### ASSIGNMENT
Both the line with "unfolding last_entry keep_before" and the line with "else if ltb_i32 last.epoch new.epoch" in the records below must appear in the output, along with every line between them, exactly and with nothing added.

[Saved entries]
::::::
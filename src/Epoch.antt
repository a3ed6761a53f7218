-- ===== src/Epoch.antt =====
-- internal/log/epoch_cache.go: the leader epoch cache, and replayEpochEntries and
-- epochEntriesEqual of internal/log/epoch_recovery.go.
-- The entries are the slice `entries` of the cache, oldest first. An epoch is an int32, a start
-- offset a uint64. The lock makes each operation one step.
pub mod Order
pub mod Truncation
mod Examples
pub mod Lookup
use distributed_messaging_sy.Common.{
  ℕ, Bool, true, false, ◌&&◌, ◌||◌, Option, none, some, List, [], ◌∷◌, ◌++◌, ltb, leb, ◌==◌, length,
  if◌then◌else◌, ltb_i32, leb_i32, is_negative_i32,
}

pub record EpochEntry : Type 0 where
  pub epoch : ℕ
  pub start_offset : ℕ

pub record EpochEndOffset : Type 0 where
  pub end_epoch : ℕ
  pub end_offset : ℕ

-- `entries[n-1]`
unfoldable pub last_entry : EpochEntry → List EpochEntry → EpochEntry
last_entry e [] = e
last_entry e (f ∷ es) = last_entry f es

-- The loop over `cut`, with `c.entries[:cut]` as its result.
unfoldable pub keep_before : ℕ → ℕ → List EpochEntry → List EpochEntry
keep_before epoch start_offset [] = []
keep_before epoch start_offset (e ∷ es) =
    let rest = keep_before epoch start_offset es in
    if leb_i32 epoch e.epoch || leb start_offset e.start_offset then [] else e ∷ rest

-- What Assign returns: an error, or the new entries with `changed`.
pub data Assigned : Type 0 where
  negative_epoch : Assigned
  assigned : List EpochEntry → Bool → Assigned

unfoldable pub assign_entries : EpochEntry → List EpochEntry → Assigned
unfolding last_entry keep_before
assign_entries new [] = assigned (new ∷ []) true
assign_entries new (e ∷ es) =
    let last = last_entry e es in
    if new.epoch == last.epoch && leb last.start_offset new.start_offset
    then assigned (e ∷ es) false
    else if ltb_i32 last.epoch new.epoch && ltb last.start_offset new.start_offset
    then assigned ((e ∷ es) ++ (new ∷ [])) true
    else assigned (keep_before new.epoch new.start_offset (e ∷ es) ++ (new ∷ [])) true

-- Assign
unfoldable pub assign : List EpochEntry → ℕ → ℕ → Assigned
unfolding assign_entries
assign entries epoch start_offset =
    if is_negative_i32 epoch
    then negative_epoch
    else assign_entries (record { epoch = epoch; start_offset = start_offset }) entries

-- The loops over `i` of TruncateFromEnd and TruncateAfter, with `c.entries[:i]` as their result.
unfoldable pub keep_starting_before : ℕ → List EpochEntry → List EpochEntry
keep_starting_before offset [] = []
keep_starting_before offset (e ∷ es) =
    let rest = keep_starting_before offset es in if ltb e.start_offset offset then e ∷ rest else []

unfoldable pub keep_starting_by : ℕ → List EpochEntry → List EpochEntry
keep_starting_by offset [] = []
keep_starting_by offset (e ∷ es) =
    let rest = keep_starting_by offset es in if leb e.start_offset offset then e ∷ rest else []

-- The new entries, and whether a loop stopped before the end.
unfoldable pub truncate_from_end : List EpochEntry → ℕ → List EpochEntry × Bool
unfolding keep_starting_before
truncate_from_end entries offset =
    let kept = keep_starting_before offset entries in
    if length kept == length entries then (entries, false) else (kept, true)

unfoldable pub truncate_after : List EpochEntry → ℕ → List EpochEntry × Bool
unfolding keep_starting_by
truncate_after entries offset =
    let kept = keep_starting_by offset entries in
    if length kept == length entries then (entries, false) else (kept, true)

-- The loop of EpochForOffset; `found` is the pair (epoch, found) so far.
unfoldable pub epoch_for_offset_loop : ℕ → Option ℕ → List EpochEntry → Option ℕ
epoch_for_offset_loop offset found [] = found
epoch_for_offset_loop offset found (e ∷ es) =
    let rest = epoch_for_offset_loop offset (some e.epoch) es in
    if ltb offset e.start_offset then found else rest

unfoldable pub epoch_for_offset : List EpochEntry → ℕ → Option ℕ
unfolding epoch_for_offset_loop
epoch_for_offset entries offset = epoch_for_offset_loop offset none entries

-- `index_panic` is the run-time error of `c.entries[i+1]` past the end.
pub data EndOffset : Type 0 where
  absent index_panic : EndOffset
  found : EpochEndOffset → EndOffset

-- The body of the loop over `i` at the entry `e`; `later` is what the higher indices gave.
unfoldable pub scan_entry : ℕ → EpochEntry → List EpochEntry → EndOffset → EndOffset
scan_entry requested e es (found r) = found r
scan_entry requested e es index_panic = index_panic
scan_entry requested e [] absent = if leb_i32 e.epoch requested then index_panic else absent
scan_entry requested e (next ∷ es) absent =
    if leb_i32 e.epoch requested
    then found (record { end_epoch = e.epoch; end_offset = next.start_offset })
    else absent

-- The loop counts `i` down from the last index: what stands behind `e` is looked at first.
unfoldable pub scan_back : ℕ → List EpochEntry → EndOffset
unfolding scan_entry
scan_back requested [] = absent
scan_back requested (e ∷ es) = scan_entry requested e es (scan_back requested es)

-- EndOffsetFor
unfoldable pub end_offset_for : List EpochEntry → ℕ → ℕ → EndOffset
unfolding last_entry scan_back
end_offset_for [] requested leo = absent
end_offset_for (first ∷ es) requested leo =
    let last = last_entry first es in
    if is_negative_i32 requested
    then absent
    else if ltb_i32 requested first.epoch
    then found (record { end_epoch = requested; end_offset = first.start_offset })
    else if requested == last.epoch
    then found (record { end_epoch = last.epoch; end_offset = leo })
    else if ltb_i32 last.epoch requested
    then absent
    else scan_back requested (first ∷ es)

-- replayEpochEntries: Assign entry by entry, from the entries `cache`; `none` is its error.
unfoldable pub replay_from : List EpochEntry → List EpochEntry → Option (List EpochEntry)
unfolding assign
replay_from cache [] = some cache
replay_from cache (e ∷ es) = elim (assign cache e.epoch e.start_offset) [
  | negative_epoch ↦ none
  | assigned cache' changed ↦ replay_from cache' es
]

unfoldable pub replay_epoch_entries : List EpochEntry → Option (List EpochEntry)
unfolding replay_from
replay_epoch_entries = replay_from []

-- epochEntriesEqual
unfoldable pub epoch_entries_equal : List EpochEntry → List EpochEntry → Bool
epoch_entries_equal [] [] = true
epoch_entries_equal [] (b ∷ bs) = false
epoch_entries_equal (a ∷ as') [] = false
epoch_entries_equal (a ∷ as') (b ∷ bs) =
    a.epoch == b.epoch && a.start_offset == b.start_offset && epoch_entries_equal as' bs
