-- ===== src/Epoch/Order.antt =====
-- internal/log/epoch_cache.go, Assign: the order of the entries, and what an assignment keeps.
use distributed_messaging_sy.Common.{
  ℕ, ◌<◌, ◌≤◌, ◌^◌, ◌≡◌, ◌⊎◌, inl, inr, refl, ap, ◌∙◌, Bool, true, false, ◌&&◌, some, List, [], ◌∷◌,
  ◌++◌, arith, ltb, leb, ◌==◌, if◌then◌else◌, All, ltb→lt, Bool-cases, append_assoc, append-nil,
}
use distributed_messaging_sy.Epoch.{
  EpochEntry, last_entry, keep_before, Assigned, negative_epoch, assigned, assign_entries, assign,
  replay_from, replay_epoch_entries, epoch_entries_equal,
}

-- A non-negative int32.
abbrev pub IsEpoch : ℕ → Type 0
IsEpoch n = n < 2 ^ 31

abbrev pub Precedes : EpochEntry → EpochEntry → Type 0
Precedes e f = (e.epoch < f.epoch) × (e.start_offset < f.start_offset)

-- Epochs and start offsets both grow strictly.
abbrev pub IsAscending : List EpochEntry → Type 0
IsAscending [] = Unit {0}
IsAscending (e ∷ es) = IsEpoch e.epoch × All (Precedes e) es × IsAscending es

-- The entries with a smaller epoch and a smaller start offset than `new`, wherever they stand.
unfoldable pub older_than : EpochEntry → List EpochEntry → List EpochEntry
older_than new [] = []
older_than new (e ∷ es) =
    let rest = older_than new es in
    if ltb e.epoch new.epoch && ltb e.start_offset new.start_offset then e ∷ rest else rest

older_than-none :
    (new e : EpochEntry) (es : List EpochEntry)
    → All (Precedes e) es
    → (ltb e.epoch new.epoch && ltb e.start_offset new.start_offset) ≡ false
    → older_than new es ≡ []
unfolding older_than
older_than-none new e [] h n = refl
older_than-none new e (f ∷ es) (hf, hes) n = ground (arith, older_than-none new e es hes n)

-- On ascending entries the prefix that the loop keeps is a filter.
keep_before-older_than :
    (new : EpochEntry) (es : List EpochEntry)
    → IsEpoch new.epoch
    → IsAscending es
    → keep_before new.epoch new.start_offset es ≡ older_than new es
unfolding keep_before older_than
keep_before-older_than new [] hn h = refl
keep_before-older_than new (e ∷ es) hn (he, hp, hes) =
    ground (arith, keep_before-older_than new es hn hes, older_than-none new e es hp)

-- The last entry is the greatest.
pub last_entry_bounds :
    (e : EpochEntry) (es : List EpochEntry)
    → IsAscending (e ∷ es)
    → (e.epoch ≤ (last_entry e es).epoch)
      × (e.start_offset ≤ (last_entry e es).start_offset)
      × IsEpoch (last_entry e es).epoch
unfolding last_entry
last_entry_bounds e [] h = omega arith
last_entry_bounds e (f ∷ es) h = ground (arith, last_entry_bounds f es h.2)

older_than-all :
    (new e : EpochEntry) (es : List EpochEntry)
    → IsAscending (e ∷ es)
    → (last_entry e es).epoch < new.epoch
    → (last_entry e es).start_offset < new.start_offset
    → older_than new (e ∷ es) ≡ e ∷ es
unfolding older_than last_entry
older_than-all new e [] h p q = ground arith
older_than-all new e (f ∷ es) h p q =
    ground (arith, last_entry_bounds f es h.2, older_than-all new f es h.2)

All-Precedes-older_than :
    (e new : EpochEntry) (es : List EpochEntry)
    → All (Precedes e) es
    → All (Precedes e) (older_than new es)
unfolding older_than
All-Precedes-older_than e new [] h = tt
All-Precedes-older_than e new (f ∷ es) h = ground (arith, All-Precedes-older_than e new es h.1)

All-Precedes-snoc :
    (e new : EpochEntry) (es : List EpochEntry)
    → All (Precedes e) es
    → Precedes e new
    → All (Precedes e) (es ++ (new ∷ []))
All-Precedes-snoc e new [] h p = (p, tt)
All-Precedes-snoc e new (f ∷ es) (hf, hes) p = (hf, All-Precedes-snoc e new es hes p)

older_than-snoc-IsAscending :
    (new : EpochEntry) (es : List EpochEntry)
    → IsEpoch new.epoch
    → IsAscending es
    → IsAscending (older_than new es ++ (new ∷ []))
unfolding older_than
older_than-snoc-IsAscending new [] hn h = (hn, tt, tt)
older_than-snoc-IsAscending new (e ∷ es) hn (he, hp, hes) =
    elim (Bool-cases (ltb e.epoch new.epoch && ltb e.start_offset new.start_offset)) [
      | inl p ↦ rw p (
        he,
        All-Precedes-snoc e new _ (All-Precedes-older_than e new es hp) (ground arith),
        older_than-snoc-IsAscending new es hn hes,
      )
      | inr p ↦ rw p (older_than-snoc-IsAscending new es hn hes)
    ]

-- Whether the last entry already has this epoch, from this offset or an earlier one.
abbrev pub covers : EpochEntry → List EpochEntry → Bool
unfolding last_entry
covers new [] = false
covers new (e ∷ es) =
    new.epoch == (last_entry e es).epoch && leb (last_entry e es).start_offset new.start_offset

-- On ascending entries and for a non-negative epoch, Assign changes nothing when the last entry
-- has this epoch from this offset or an earlier one; otherwise it keeps exactly the entries that
-- are older in epoch and in start offset and puts the new entry behind them. So its fast path for
-- a newer epoch, which appends without looking at the entries, agrees with its loop.
pub assign-older_than :
    (entries : List EpochEntry) (new : EpochEntry)
    → IsAscending entries
    → IsEpoch new.epoch
    → assign entries new.epoch new.start_offset ≡ (
        if covers new entries
        then assigned entries false
        else assigned (older_than new entries ++ (new ∷ [])) true)
unfolding assign assign_entries last_entry covers
assign-older_than [] new h hn = unfold older_than in ground arith
assign-older_than (e ∷ es) new h hn = ground (
  arith,
  last_entry_bounds e es h,
  older_than-all new e es h,
  keep_before-older_than new (e ∷ es) hn h,
)

-- Assign keeps the entries ascending, whatever it is called with (an int32 epoch, a uint64 offset);
-- a negative epoch is refused.
pub assign-IsAscending :
    (entries : List EpochEntry) (new : EpochEntry) {es : List EpochEntry} {changed : Bool}
    → IsAscending entries
    → assign entries new.epoch new.start_offset ≡ assigned es changed
    → IsAscending es × IsEpoch new.epoch
assign-IsAscending entries new {es} {changed} h a = elim (Bool-cases (ltb new.epoch (2 ^ 31))) [
  | inl hn ↦ (kept (ltb→lt _ _ hn), ltb→lt _ _ hn)
  | inr hn ↦ absurd (refused hn)
]
  where
    refused : ltb new.epoch (2 ^ 31) ≡ false → ⊥
    refused hn = unfold assign in ground arith

    kept : IsEpoch new.epoch → IsAscending es
    kept hn =
        ground
          (arith, assign-older_than entries new h hn, older_than-snoc-IsAscending new entries hn h)

pub Assigned-cases :
    (a : Assigned)
    → (a ≡ negative_epoch) ⊎ ((es : List EpochEntry) × (changed : Bool) × (a ≡ assigned es changed))
Assigned-cases negative_epoch = inl refl
Assigned-cases (assigned es changed) = inr (es, changed, refl)

replay_from-IsAscending :
    (cache entries : List EpochEntry) {es : List EpochEntry}
    → IsAscending cache
    → replay_from cache entries ≡ some es
    → IsAscending es
unfolding replay_from
replay_from-IsAscending cache [] h r = ground arith
replay_from-IsAscending cache (e ∷ entries) {es} h r =
    elim (Assigned-cases (assign cache e.epoch e.start_offset)) [
      | inl p ↦ absurd (ground arith)
      | inr (cs, c, p) ↦
          replay_from-IsAscending cs entries (assign-IsAscending cache e h p).0 (ground arith)
    ]

-- Whatever entries are replayed into an empty cache, checkpointed or scanned, in any order and
-- with any int32 epochs, the cache that results, if there is no error, is ascending.
pub replay_epoch_entries-IsAscending :
    (entries : List EpochEntry) {es : List EpochEntry}
    → replay_epoch_entries entries ≡ some es
    → IsAscending es
unfolding replay_epoch_entries
replay_epoch_entries-IsAscending entries r = replay_from-IsAscending [] entries tt r

All-append :
    (e : EpochEntry) (cache es : List EpochEntry)
    → All (Precedes e) (cache ++ es)
    → All (Precedes e) cache
All-append e [] es h = tt
All-append e (c ∷ cs) es h = (h.0, All-append e cs es h.1)

IsAscending-append : (cache es : List EpochEntry) → IsAscending (cache ++ es) → IsAscending cache
IsAscending-append [] es h = tt
IsAscending-append (c ∷ cs) es (hc, hp, hs) =
    (hc, All-append c cs es hp, IsAscending-append cs es hs)

last_entry-Precedes :
    (c : EpochEntry) (cs : List EpochEntry) (e : EpochEntry) (es : List EpochEntry)
    → IsAscending ((c ∷ cs) ++ (e ∷ es))
    → Precedes (last_entry c cs) e × IsEpoch e.epoch
unfolding last_entry
last_entry-Precedes c [] e es h = omega arith
last_entry-Precedes c (d ∷ ds) e es h = last_entry-Precedes d ds e es h.2

assign_next :
    (cache : List EpochEntry) (e : EpochEntry) (es : List EpochEntry)
    → IsAscending (cache ++ (e ∷ es))
    → assign cache e.epoch e.start_offset ≡ assigned (cache ++ (e ∷ [])) true
unfolding assign assign_entries
assign_next [] e es h = ground arith
assign_next (c ∷ cs) e es h = ground (
  arith,
  last_entry-Precedes c cs e es h,
  last_entry_bounds c cs (IsAscending-append (c ∷ cs) (e ∷ es) h),
)

replay_from-ascending :
    (cache es : List EpochEntry)
    → IsAscending (cache ++ es)
    → replay_from cache es ≡ some (cache ++ es)
unfolding replay_from
replay_from-ascending cache [] h = rw append-nil
replay_from-ascending cache (e ∷ es) h =
    rw (assign_next cache e es h, replay_from)
      (replay_from-ascending (cache ++ (e ∷ [])) es (rw (append_assoc cache (e ∷ []) es) h)
        ∙ ap some (append_assoc cache (e ∷ []) es))

epoch_entries_equal_refl : (es : List EpochEntry) → epoch_entries_equal es es ≡ true
unfolding epoch_entries_equal
epoch_entries_equal_refl [] = refl
epoch_entries_equal_refl (e ∷ es) = ground (arith, epoch_entries_equal_refl es)

-- Replaying the entries of an ascending cache gives the same entries, and the test by which
-- recovery decides that a checkpoint needs repair finds no difference.
pub replay_epoch_entries-ascending :
    (es : List EpochEntry)
    → IsAscending es
    → (replay_epoch_entries es ≡ some es) × (epoch_entries_equal es es ≡ true)
unfolding replay_epoch_entries
replay_epoch_entries-ascending es h = (replay_from-ascending [] es h, epoch_entries_equal_refl es)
::::::
### EXERCISE RESULT
unfolding last_entry keep_before
assign_entries new [] = assigned (new ∷ []) true
assign_entries new (e ∷ es) =
    let last = last_entry e es in
    if new.epoch == last.epoch && leb last.start_offset new.start_offset
    then assigned (e ∷ es) false
    else if ltb_i32 last.epoch new.epoch && ltb last.start_offset new.start_offset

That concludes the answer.